SpectralQuant Implementation Analysis
Companion to SpectralQuant KV Cache. See also: Inference Stack Synthesis.
Note: The GitHub repository at
https://github.com/Dynamis-Labs/spectralquantwas not accessible at the time of this analysis (April 2026). This document reconstructs what the implementation should look like based on the SpectralQuant paper and standard practices in KV cache compression research code. When the repo becomes available, this analysis should be updated with actual code references.
1. Paper Recap (Implementation-Relevant Points)
SpectralQuant’s core claim: replace the random rotation matrix used in QuIP#/QJL-style KV cache compression with a data-driven spectral rotation derived from the eigendecomposition of the key covariance matrix.

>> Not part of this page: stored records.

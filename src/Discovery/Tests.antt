-- ===== src/Discovery/Tests.antt =====
-- Runtime reports on concrete databases.
use pq_migration_gateway.Prelude.{◌≡◌, refl, false, [], ◌∷◌, none, some, inl}
use pq_migration_gateway.Prelude.Int.{pos}
use pq_migration_gateway.Result.{Result, ok, err, type_error}
use pq_migration_gateway.Json.{
  Json, Fields, num, str, arr, obj, array, dict, get, get_or, find, insert, update,
}
use pq_migration_gateway.Exec.{◌>>=◌, catch, commit}
use pq_migration_gateway.Exec.Ends.{Ends}
use pq_migration_gateway.Gateway.Text.{join}
use pq_migration_gateway.Store.Rows.{find_row, upsert_row, update_rows, delete_rows}
use pq_migration_gateway.Store.Releases.{audit_conn}
use pq_migration_gateway.Store.Scans.{update_scan_job, scan_status_of, find_scan, find_asset}
use pq_migration_gateway.Store.Metrics.{set_known_metric, increment_metric}
use pq_migration_gateway.Store.Inventory.{sorted_set, ingest_scan_inventory}
use pq_migration_gateway.Report.Texts.{limited_text, stable_id, int_text, classify_runtime_signal}
use pq_migration_gateway.Report.Bounded.{bounded_json}
use pq_migration_gateway.Report.Normalize.{normalize_runtime_report}
use pq_migration_gateway.Report.Inventory.{runtime_inventory}
use pq_migration_gateway.Store.Tables.{Batch, ingested, Store, empty_store}
use pq_migration_gateway.Report.Types.{Report}
use pq_migration_gateway.Report.Tests.{
  test_host, one_process, payload, first_event, sample, sample_normalized,
}
use pq_migration_gateway.Discovery.Writes.{
  find_batch, check_batch, get_runtime_batch, receive_batch, write_runtime, report_metrics,
}
use pq_migration_gateway.Discovery.Ingest.{ingest_report, ingest_runtime_report}
use pq_migration_gateway.Discovery.Frames.{Present}
use pq_migration_gateway.Discovery.Outcome.{Failed, Returned, ingest_report-Ends}
use pq_migration_gateway.Discovery.Raised.{ingest_runtime_report-raises}
use pq_migration_gateway.Discovery.Success.{ingest_report-returns}
use pq_migration_gateway.Discovery.Again.{ingest_runtime_report-again}

sample_new : check_batch sample (find_batch sample.batch_id empty_store) ≡ ok false
unfolding check_batch find_batch find_row
sample_new = refl

ingest_report-Ends_example :
    Ends
      (Returned test_host 5 "ops" sample)
      (Present Failed sample)
      (ingest_report test_host 5 "ops" sample empty_store)
ingest_report-Ends_example = ingest_report-Ends test_host 5 "ops" sample empty_store sample_new

abbrev first_batch : Batch
first_batch = record {
  batch_id = "b1";
  agent_id = "node-1";
  scan_id = "runtime-scan-abc";
  status = ingested;
  collected_at = "2026-01-01T00:00:00+00:00";
  received_at = 5;
  completed_at = some 5;
  summary = sample.summary;
  error = none;
}

abbrev first_run : Result Batch × Store
first_run = ingest_runtime_report test_host 5 "ops" payload empty_store

first_run_taken : first_run ≡ (ok first_batch, first_run.1)
unfolding ingest_runtime_report ◌>>=◌ normalize_runtime_report get_or get limited_text stable_id
    join int_text find_row classify_runtime_signal bounded_json check_batch find_batch catch commit
    update_scan_job scan_status_of receive_batch runtime_inventory ingest_scan_inventory
    write_runtime report_metrics get_runtime_batch upsert_row update_rows delete_rows find find_scan
    insert update set_known_metric increment_metric audit_conn find_asset sorted_set
first_run_taken = refl

ingest_runtime_report-again_example :
    ingest_runtime_report test_host 6 "ops" payload first_run.1 ≡ (ok first_batch, first_run.1)
ingest_runtime_report-again_example =
    ingest_runtime_report-again test_host 5 6 "ops" "ops" payload payload sample sample empty_store
      first_run.1 first_batch sample_normalized sample_normalized refl refl first_run_taken

ingest_report-returns_example :
    (b : Batch) × (st' : Store) × (ingest_runtime_report test_host 5 "ops" payload empty_store
      ≡ (ok b, st'))
    × Returned test_host 5 "ops" sample b st'
ingest_report-returns_example =
    ingest_report-returns test_host payload sample 5 "ops" empty_store sample_normalized
      ((Fields.end, refl), tt) (refl, tt) sample_new

-- The event of the sample, with a text as its metadata.
abbrev texted_event : Json
texted_event = obj (
    dict (
      ("pid", num (pos 7))
      ∷ ("start_time_ticks", num (pos 90))
      ∷ ("evidence_type", str "runtime_crypto_api")
      ∷ ("source", str "ebpf_uprobe")
      ∷ ("method", str "RSA_sign")
      ∷ ("count", num (pos 0))
      ∷ ("metadata", str "x")
      ∷ []))

abbrev texted_payload : Json
texted_payload = obj (
    dict (
      ("agent", obj (dict (("id", str "node-1") ∷ [])))
      ∷ ("batch_id", str "b1")
      ∷ ("processes", arr (array (one_process ∷ [])))
      ∷ ("observations", arr (array (texted_event ∷ [])))
      ∷ []))

abbrev texted : Report
texted = record sample { observations = record first_event { metadata = str "x" } ∷ [] }

texted_normalized : normalize_runtime_report test_host texted_payload ≡ ok texted
unfolding normalize_runtime_report get_or get limited_text stable_id join int_text find_row
    classify_runtime_signal bounded_json
texted_normalized = refl

texted_new : check_batch texted (find_batch texted.batch_id empty_store) ≡ ok false
unfolding check_batch find_batch find_row
texted_new = refl

ingest_runtime_report-raises_example :
    (st' : Store) × (ingest_runtime_report test_host 5 "ops" texted_payload empty_store
      ≡ (err (type_error "not a mapping"), st'))
    × Present Failed texted st'
ingest_runtime_report-raises_example =
    ingest_runtime_report-raises test_host 5 "ops" texted_payload texted empty_store
      texted_normalized (inl tt) texted_new
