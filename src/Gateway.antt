-- ===== src/Gateway.antt =====
-- The renderer of the data plane, gateway/renderer.py, and its adapters.
pub mod Text
pub mod Lines
pub mod Http
pub mod Stream
pub mod Registry
pub mod Render
mod Tests
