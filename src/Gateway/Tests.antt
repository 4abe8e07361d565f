-- ===== src/Gateway/Tests.antt =====
-- Runs of the renderer's helpers.
use Prim.Native.String.{count}
use pq_migration_gateway.Prelude.{◌≡◌, refl, some}
use pq_migration_gateway.Prelude.Text.{lower}
use pq_migration_gateway.Gateway.Text.{port_text, json_string, without_slashes}
use pq_migration_gateway.Gateway.Http.{urlsplit}
use pq_migration_gateway.Gateway.Stream.{split_last_colon}

line_break-count : count "a\n" ≡ 2
line_break-count = refl

port_text_8443 : port_text 8443 ≡ "8443"
unfolding port_text
port_text_8443 = refl

json_string_quote : json_string "a\"b" ≡ "\"a\\\"b\""
unfolding json_string
json_string_quote = refl

urlsplit_bank :
    urlsplit "https://bank:8080/" ≡ record { scheme = "https"; netloc = "bank:8080"; path = "/" }
unfolding urlsplit lower
urlsplit_bank = refl

split_last_colon_host : split_last_colon "db:5432" ≡ some ("db", "5432")
unfolding split_last_colon
split_last_colon_host = refl

without_slashes_twice : without_slashes "http://bank//" ≡ "http://bank"
unfolding without_slashes
without_slashes_twice = refl
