-- ===== src/Migration.antt =====
-- The migration of an asset, manager/scan_orchestrator.py.
pub mod Request
pub mod Paths
pub mod Authorized
pub mod Command
pub mod Job
pub mod Runnable
pub mod Ended
pub mod Service
pub mod Assess
pub mod Promote
pub mod Plans
pub mod Run
pub mod Rates
pub mod Gate
pub mod Leaves
pub mod Settled
pub mod Hybrid
pub mod Created
pub mod Once
mod Tests
mod Trial
mod Promotion
mod Scan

This separates “signal” dimensions (high-variance eigenvectors) from “noise” dimensions (low-variance), enabling:
- Selective QJL: Apply JL random projection only to noise dimensions, preserve signal dimensions at full precision
- Non-uniform bit allocation: Water-filling algorithm assigns more bits to high-variance dimensions
- Headline result: 5.95x compression ratio with improved cosine similarity vs uniform quantization
2. Expected Implementation Architecture
spectralquant/
calibrate.py # Offline calibration: collect activations, eigendecompose
spectral_rotation.py # Build rotation matrix from eigenvectors
qjl_selective.py # QJL with signal/noise split
bit_allocation.py # Water-filling non-uniform quantization
compress.py # Full compression pipeline
decompress.py # Decompression / dequantization
eval/
cosine_sim.py # Cosine similarity measurement
perplexity.py # Perplexity evaluation on WikiText-2 / C4
scripts/
calibrate.py # CLI entry point for calibration
evaluate.py # CLI entry point for benchmarks
configs/
qwen2.5_14b.yaml # Per-model calibration configs
llama3_8b.yaml
3. Implementation Details (Reconstructed)
3.1 Calibration Data Collection
Expected implementation:
# scripts/calibrate.py (reconstructed)
def collect_key_activations(model, dataloader, num_samples=128):
"""Run forward passes, collect K projections per layer per head."""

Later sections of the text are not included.